§ Provided data:
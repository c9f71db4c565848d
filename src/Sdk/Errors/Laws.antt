-- ===== src/Sdk/Errors/Laws.antt =====
-- What the error constructors guarantee to a caller.
use ipgw_meta.Prelude.{
  String, ◌≡◌, refl, ◌⊎◌, inl, inr, Bool, true, false, Option, none, some, List, [], ◌∷◌, arith,
  All, Bool-cases, if◌then◌else◌,
}
use ipgw_meta.Sdk.Errors.{
  ErrorCode, network, protocol_changed, Fault, canceled, deadline_exceeded, InteractionDetails,
  GoError, sdk, raw, no_details, context_sentinel, is_redirect_rejected, wrap_error, code_of,
  one_of, is_auth_method, challenge_kinds, capability_statuses, resume_modes, help_ids,
  known_capabilities, normalize_details, interaction_error,
}

abbrev pub IsContextCause : Option Fault → Type 0
IsContextCause none = Unit {0}
IsContextCause (some f) = (f ≡ canceled) ⊎ (f ≡ deadline_exceeded)

-- Whatever error is wrapped, the result keeps as its cause nothing but a context error, and carries
-- no details; a context error makes it a retryable network error, a refused redirect a protocol
-- error that is not to be retried, and any other error has the given classification.
pub wrap_error_lem :
    (code : ErrorCode) (message : String) (retryable : Bool) (err : GoError)
    → let e = wrap_error code message retryable (some err) in
      IsContextCause e.cause
      × (e.details ≡ no_details)
      × ((f : Fault)
          → context_sentinel (some err) ≡ some f
          → (e.code ≡ network) × (e.retryable ≡ true) × (e.cause ≡ some f))
      × (context_sentinel (some err) ≡ none
          → is_redirect_rejected err ≡ true
          → (e.code ≡ protocol_changed) × (e.retryable ≡ false))
      × (context_sentinel (some err) ≡ none
          → is_redirect_rejected err ≡ false
          → (e.code ≡ code) × (e.retryable ≡ retryable))
unfolding wrap_error is_redirect_rejected
wrap_error_lem code message retryable (raw f) = ground arith
wrap_error_lem code message retryable (sdk e) = ground arith

-- The code that an error has for a caller of the SDK, where it is wrapped with `code`.
abbrev pub classified : ErrorCode → GoError → ErrorCode
classified code e = elim (context_sentinel (some e)) [
  | some f ↦ network
  | none ↦ if is_redirect_rejected e then protocol_changed else code
]

-- What `CodeOf` reads from a wrapped error: a context error is a network error and a refused redirect
-- is a protocol error, whatever code was asked for; any other error has the code that was asked for.
pub code_of-wrap_error :
    (code : ErrorCode) (message : String) (retryable : Bool) (err : GoError)
    → code_of (some (sdk (wrap_error code message retryable (some err))))
      ≡ some (classified code err)
unfolding wrap_error code_of is_redirect_rejected context_sentinel
code_of-wrap_error code message retryable (raw f) = ground arith
code_of-wrap_error code message retryable (sdk e) = ground arith

abbrev pub Distinct : List String → List String → Type 0
Distinct seen [] = Unit {0}
Distinct seen (c ∷ cs) = (one_of seen c ≡ false) × Distinct (c ∷ seen) cs

-- Details that are fit to be shown: every word is one of the published ones, and no capability is
-- listed twice.
pub record IsRedacted (d : InteractionDetails) : Type 0 where
  pub challenge : one_of challenge_kinds d.challenge ≡ true
  pub method : one_of ("" ∷ "password" ∷ "terminal_qr" ∷ []) d.origin_method ≡ true
  pub known : All (λ c. one_of capability_statuses c ≡ true) d.capability
  pub distinct : Distinct [] d.capability
  pub binding : one_of ("" ∷ "cas_session" ∷ []) d.session_binding ≡ true
  pub resume : one_of resume_modes d.resume_mode ≡ true
  pub help : one_of help_ids d.help_id ≡ true

known_capabilities-known :
    (cs seen : List String)
    → All (λ c. one_of capability_statuses c ≡ true) (known_capabilities seen cs)
unfolding known_capabilities
known_capabilities-known [] seen = tt
known_capabilities-known (c ∷ cs) seen = elim (Bool-cases (one_of capability_statuses c)) [
  | inl k ↦ elim (Bool-cases (one_of seen c)) [
    | inl d ↦ rw (k, d) (known_capabilities-known cs seen)
    | inr d ↦ rw (k, d) (k, known_capabilities-known cs (c ∷ seen))
  ]
  | inr k ↦ rw k (known_capabilities-known cs seen)
]

known_capabilities-Distinct : (cs seen : List String) → Distinct seen (known_capabilities seen cs)
unfolding known_capabilities
known_capabilities-Distinct [] seen = tt
known_capabilities-Distinct (c ∷ cs) seen = elim (Bool-cases (one_of capability_statuses c)) [
  | inl k ↦ elim (Bool-cases (one_of seen c)) [
    | inl d ↦ rw (k, d) (known_capabilities-Distinct cs seen)
    | inr d ↦ rw (k, d) (d, known_capabilities-Distinct cs (c ∷ seen))
  ]
  | inr k ↦ rw k (known_capabilities-Distinct cs seen)
]

kept_or_default :
    (words : List String) (s default : String)
    → one_of words default ≡ true
    → one_of words (if one_of words s then s else default) ≡ true
kept_or_default words s default h = elim (Bool-cases (one_of words s)) [
  | inl k ↦ rw k k
  | inr k ↦ rw k h
]

method_kept :
    (s : String)
    → one_of ("" ∷ "password" ∷ "terminal_qr" ∷ []) (if is_auth_method s then s else "") ≡ true
unfolding is_auth_method one_of
method_kept s = elim (Bool-cases (is_auth_method s)) [
  | inl k ↦ rw k (ground arith)
  | inr k ↦ rw k refl
]

-- Whatever details the SDK was about to report, those of an interaction error are redacted.
pub interaction_error-IsRedacted :
    (method message : String) (d : InteractionDetails)
    → (r : InteractionDetails) × ((interaction_error method d message).details.interaction ≡ some r)
      × IsRedacted r
unfolding interaction_error normalize_details
interaction_error-IsRedacted method message d = (
  _,
  refl,
  record {
    challenge = kept_or_default challenge_kinds d.challenge "unknown" (unfold one_of in refl);
    method = method_kept method;
    known = known_capabilities-known d.capability [];
    distinct = known_capabilities-Distinct d.capability [];
    binding =
        kept_or_default ("" ∷ "cas_session" ∷ []) d.session_binding "" (unfold one_of in refl);
    resume = kept_or_default resume_modes d.resume_mode "" (unfold one_of in refl);
    help = kept_or_default help_ids d.help_id "" (unfold one_of in refl);
  },
)
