-- ===== src/Sdk/Http/Clock.antt =====
-- Time does not run backwards while a request is made.
use ipgw_meta.Prelude.{arith, ℕ, zero, suc, ◌≤◌, Option, none, some}
use ipgw_meta.Sdk.Errors.{Fault}
use ipgw_meta.Sdk.Url.{Url, Decision, follow, stop, reject}
use ipgw_meta.Sdk.Machine.{HttpRequest, Reply, Ports, Machine, Exec, Action, ask, note}
use ipgw_meta.Sdk.Machine.Keeps.{
  Keeps, Keeps-pure, Keeps-raise, Keeps-lift, Keeps-bind, Keeps-catch_with, keeps_rules,
}
use ipgw_meta.Sdk.Http.{
  Client, Policy, HttpClient, Landing, decide, exchange, land, to_target, after_reply, max_rounds,
  do_rounds, client_do, request,
}

-- The clock shows at least `t`.
abbrev pub IsAfter : (p : Ports) → ℕ → Machine p.World → Type 0
IsAfter p t m = t ≤ p.now m.world

module _ (p : Ports) {E : Type 0} (t : ℕ) where
  note-IsAfter : (a : Action) → Keeps {E = E} (IsAfter p t) (note a)
  unfolding note
  note-IsAfter a = record { at = λ m h. h }

  pub ask-IsAfter :
      {A : Type 0} (f : p.World → A × p.World)
      → ((w : p.World) → p.now w ≤ p.now (f w).1)
      → Keeps {E = E} (IsAfter p t) (ask f)
  unfolding ask
  ask-IsAfter f k = record { at = λ m h. let l = k m.world in omega arith }

module _ (p : Ports) (c : Client) (t : ℕ)
    (forward : (r : HttpRequest) (w : p.World) → p.now w ≤ p.now (p.round_trip r w).1) where
  exchange-IsAfter : (r : HttpRequest) → Keeps (IsAfter p t) (exchange p c r)
  unfolding exchange
  exchange-IsAfter r =
      Keeps-bind _ _ (note-IsAfter p t _)
        (λ _. Keeps-bind _ _ (ask-IsAfter p t _ (forward r)) (λ reply. Keeps-lift _))

  land-IsAfter :
      (d : Decision) (r : HttpRequest) (reply : Reply)
      (further : Exec (Machine p.World) Fault Landing)
      → Keeps (IsAfter p t) further
      → Keeps (IsAfter p t) (land p c d r reply further)
  unfolding land
  land-IsAfter follow r reply further k = k
  land-IsAfter (stop capture) r reply further k = Keeps-pure _
  land-IsAfter reject r reply further k = Keeps-raise _

  to_target-IsAfter :
      (o : Option Url) (policy : Policy) (via : ℕ) (r : HttpRequest) (reply : Reply)
      (further : HttpRequest → Exec (Machine p.World) Fault Landing)
      → ((r' : HttpRequest) → Keeps (IsAfter p t) (further r'))
      → Keeps (IsAfter p t) (to_target p c o policy via r reply further)
  unfolding to_target
  to_target-IsAfter none policy via r reply further k = Keeps-raise _
  to_target-IsAfter (some target) policy via r reply further k =
      land-IsAfter (decide p c policy target via) r reply _ (k _)

  after_reply-IsAfter :
      (policy : Policy) (via : ℕ) (r : HttpRequest) (reply : Reply)
      (further : HttpRequest → Exec (Machine p.World) Fault Landing)
      → ((r' : HttpRequest) → Keeps (IsAfter p t) (further r'))
      → Keeps (IsAfter p t) (after_reply p c policy via r reply further)
  unfolding after_reply
  after_reply-IsAfter policy via r reply further k = search (
    keeps_rules,
    to_target-IsAfter (p.parse_ref r.url reply.location) policy via r reply further k,
  )

  do_rounds-IsAfter :
      (n : ℕ) (policy : Policy) (via : ℕ) (r : HttpRequest)
      → Keeps (IsAfter p t) (do_rounds p c n policy via r)
  unfolding do_rounds
  do_rounds-IsAfter zero policy via r = Keeps-raise _
  do_rounds-IsAfter (suc n) policy via r = Keeps-bind _ _ (exchange-IsAfter r) (λ reply.
      after_reply-IsAfter policy via r reply _ (λ r'. do_rounds-IsAfter n policy (suc via) r'))

  pub request-IsAfter :
      (client : HttpClient) (target : Url) (limit : ℕ)
      → Keeps (IsAfter p t) (request p c client target limit)
  unfolding request client_do
  request-IsAfter client target limit =
      Keeps-bind _ _ (Keeps-catch_with _ _ (do_rounds-IsAfter max_rounds client.policy 1 _))
        (λ landing. search keeps_rules)
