-- ===== src/Sdk/Machine/Steps.antt =====
-- Actions that agree at every state, and the state that an action leaves whatever it started from.
use ipgw_meta.Prelude.{ℕ, suc, ◌≡◌, refl, Bool, true, false}
use ipgw_meta.Prelude.Results.{Result, ok, err}
use ipgw_meta.Sdk.Machine.{
  Exec, Machine, lift, continue, ◌>>=◌, ◌>>◌, attempt, ask, is_locked, catch_with, recast,
  set_locked, note, Action, pure, raise, check, new_jar, look,
}
use ipgw_meta.Sdk.Machine.Keeps.{Keeps}

module _ {S E A B : Type 0} where
  continue_cong :
      (r : Result E A) (f g : A → Exec S E B)
      → ((a : A) (s : S) → f a s ≡ g a s)
      → (s : S) → continue r f s ≡ continue r g s
  continue_cong (ok a) f g h s = h a s
  continue_cong (err e) f g h s = refl

  pub bind_cong :
      (m : Exec S E A) (f g : A → Exec S E B)
      → ((a : A) (s : S) → f a s ≡ g a s)
      → (s : S) → (m >>= f) s ≡ (m >>= g) s
  unfolding ◌>>=◌
  bind_cong m f g h s = continue_cong (m s).0 f g h (m s).1

  -- After a first action that returned, the rest goes on from the state that it left.
  pub bind-eq :
      (m : Exec S E A) (f : A → Exec S E B) (s t : S) (a : A)
      → ◌≡◌ {A = Result E A × S} (m s) (ok a, t)
      → (m >>= f) s ≡ f a t
  unfolding ◌>>=◌
  bind-eq m f s t a h = rw h refl

  pub bind-ok :
      (m : Exec S E A) (f : A → Exec S E B) (s : S) (a : A)
      → (m s).0 ≡ ok a
      → (m >>= f) s ≡ f a (m s).1
  unfolding ◌>>=◌
  bind-ok m f s a h = rw h refl

-- `m` leaves `P`, from whatever state.
pub record Leaves {S E A : Type 0} (P : S → Type 0) (m : Exec S E A) : Type 0 where
  pub at : (s : S) → P (m s).1

module _ {W A B E E' : Type 0} {P : Machine W → Type 0} where
  pub Leaves-attempt :
      (m : Exec (Machine W) E A) (f : Result E A → Exec (Machine W) E' B)
      → ((r : Result E A) → Leaves P (f r))
      → Leaves P (attempt m >>= f)
  unfolding ◌>>=◌ attempt
  Leaves-attempt m f k = record { at = λ s. (k (m s).0).at (m s).1 }

module _ {W B E : Type 0} {P : Machine W → Type 0} where
  pub Leaves-set_locked :
      (b : Bool) (m : Exec (Machine W) E B) → Leaves P m → Leaves P (set_locked b >> m)
  unfolding ◌>>=◌ set_locked
  Leaves-set_locked b m k = record { at = λ s. k.at (record s { locked = b }) }

  pub Leaves-Keeps : (m : Exec (Machine W) E B) → Leaves P m → Keeps P m
  Leaves-Keeps m k = record { at = λ s _. k.at s }

-- Where an action fails, the state that it leaves has the property, if the state it found has it.
module _ {S E A : Type 0} (P : S → Type 0) where
  abbrev pub FailsAt : Result E A × S → Type 0
  FailsAt (ok a, s) = Unit {0}
  FailsAt (err e, s) = P s

  pub record Fails (m : Exec S E A) : Type 0 where
    pub at : (s : S) → P s → FailsAt (m s)

  fails_keeps : (o : Result E A × S) → P (o.1) → FailsAt o
  fails_keeps (ok a, s) k = tt
  fails_keeps (err e, s) k = k

  pub Fails-Keeps : (m : Exec S E A) → Keeps P m → Fails m
  Fails-Keeps m k = record { at = λ s h. fails_keeps (m s) (k.at s h) }

module _ {S E E' A : Type 0} (P : S → Type 0) where
  fails_recast : (f : E → E') (o : Result E A × S) → FailsAt P o → FailsAt P (recast f (o.0), o.1)
  fails_recast f (ok a, s) k = tt
  fails_recast f (err e, s) k = k

module _ {S E E' A : Type 0} {P : S → Type 0} where
  pub Fails-catch_with : (f : E → E') (m : Exec S E A) → Fails P m → Fails P (catch_with f m)
  unfolding catch_with
  Fails-catch_with f m k = record { at = λ s h. fails_recast P f (m s) (k.at s h) }

module _ {S E A B : Type 0} {P : S → Type 0} where
  Fails-after :
      (f : A → Exec S E B) (o : Result E A × S)
      → ((a : A) → Fails P (f a))
      → P (o.1)
      → FailsAt P (continue (o.0) f (o.1))
  Fails-after f (ok a, s) k h = (k a).at s h
  Fails-after f (err e, s) k h = h

  pub Fails-bind :
      (m : Exec S E A) (f : A → Exec S E B)
      → Keeps P m
      → ((a : A) → Fails P (f a))
      → Fails P (m >>= f)
  unfolding ◌>>=◌
  Fails-bind m f km kf = record { at = λ s h. Fails-after f (m s) kf (km.at s h) }

  leaves_after :
      (f : A → Exec S E B) (o : Result E A × S)
      → ((a : A) → Leaves P (f a))
      → FailsAt P o
      → P ((continue (o.0) f (o.1)).1)
  leaves_after f (ok a, s) k h = (k a).at s
  leaves_after f (err e, s) k h = h

  -- If the action only has to keep the property where it fails, what follows has to restore it.
  pub Keeps-bind-Leaves :
      (m : Exec S E A) (f : A → Exec S E B)
      → Fails P m
      → ((a : A) → Leaves P (f a))
      → Keeps P (m >>= f)
  unfolding ◌>>=◌
  Keeps-bind-Leaves m f km kf = record { at = λ s h. leaves_after f (m s) kf (km.at s h) }

abbrev pub Unlocked : {W : Type 0} → Machine W → Type 0
Unlocked m = m.locked ≡ false

module _ {W A E : Type 0} where
  pub Unlocked-unlock : (r : Result E A) → Leaves (Unlocked {W = W}) (set_locked false >> lift r)
  unfolding ◌>>=◌ set_locked lift
  Unlocked-unlock r = record { at = λ s. refl }

  pub Unlocked-look : (f : W → A) → Keeps {E = E} (Unlocked {W = W}) (look f)
  unfolding look
  Unlocked-look f = record { at = λ s h. h }

  pub Unlocked-ask : (f : W → A × W) → Keeps {E = E} (Unlocked {W = W}) (ask f)
  unfolding ask
  Unlocked-ask f = record { at = λ s h. h }

module _ {W E : Type 0} where
  pub Unlocked-is_locked : Keeps {E = E} (Unlocked {W = W}) is_locked
  unfolding is_locked
  Unlocked-is_locked = record { at = λ s h. h }

  pub Unlocked-note : (a : Action) → Keeps {E = E} (Unlocked {W = W}) (note a)
  unfolding note
  Unlocked-note a = record { at = λ s h. h }

module _ {S E A : Type 0} where
  pub pure_lem : (a : A) (s : S) → ◌≡◌ {A = Result E A × S} (pure a s) (ok a, s)
  unfolding pure
  pure_lem a s = refl

  pub raise_lem : (e : E) (s : S) → ◌≡◌ {A = Result E A × S} (raise e s) (err e, s)
  unfolding raise
  raise_lem e s = refl

  pub check-true : (b : Bool) (e : E) (m : Exec S E A) (s : S) → b ≡ true → check b e m s ≡ m s
  unfolding check
  check-true true e m s h = refl
  check-true false e m s h = absurd (cc)

module _ {W E : Type 0} where
  pub new_jar_lem :
      (m : Machine W)
      → ◌≡◌ {A = Result E ℕ × Machine W} (new_jar m) (ok m.jars, record m { jars = suc m.jars })
  unfolding new_jar
  new_jar_lem m = refl

module _ {S E A B : Type 0} where
  continue_cong_at :
      (P : S → Type 0) (r : Result E A) (f g : A → Exec S E B)
      → ((a : A) (s : S) → P s → f a s ≡ g a s)
      → (s : S) → P s
      → continue r f s ≡ continue r g s
  continue_cong_at P (ok a) f g h s q = h a s q
  continue_cong_at P (err e) f g h s q = refl

  -- The rests need to agree only where an invariant of the first action holds.
  pub bind_cong_at :
      (P : S → Type 0) (m : Exec S E A) (f g : A → Exec S E B)
      → Keeps P m
      → ((a : A) (s : S) → P s → f a s ≡ g a s)
      → (s : S) → P s
      → (m >>= f) s ≡ (m >>= g) s
  unfolding ◌>>=◌
  bind_cong_at P m f g k h s q = continue_cong_at P (m s).0 f g h (m s).1 (k.at s q)

module _ {W E A B : Type 0} where
  pub look-bind :
      (f : W → A) (g : A → Exec (Machine W) E B) (m : Machine W)
      → (look f >>= g) m ≡ g (f m.world) m
  unfolding ◌>>=◌ look
  look-bind f g m = refl

  pub ask-bind :
      (f : W → A × W) (g : A → Exec (Machine W) E B) (m : Machine W)
      → (ask f >>= g) m ≡ g (f m.world).0 (record m { world = (f m.world).1 })
  unfolding ◌>>=◌ ask
  ask-bind f g m = refl

module _ {S E A : Type 0} where
  pub check-false :
      (b : Bool) (e : E) (m : Exec S E A) (s : S) → b ≡ false → check b e m s ≡ raise e s
  unfolding check
  check-false true e m s h = absurd (cc)
  check-false false e m s h = refl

§ Work instruction:
Within the data above, the lines from the one with "(classified code err)" to the one with "Distinct seen (c" must be repeated exactly; no other line belongs in the answer.

§ Exercise answer:
      ≡ some (classified code err)
unfolding wrap_error code_of is_redirect_rejected context_sentinel
code_of-wrap_error code message retryable (raw f) = ground arith
code_of-wrap_error code message retryable (sdk e) = ground arith

abbrev pub Distinct : List String → List String → Type 0
Distinct seen [] = Unit {0}
Distinct seen (c ∷ cs) = (one_of seen c ≡ false) × Distinct (c ∷ seen) cs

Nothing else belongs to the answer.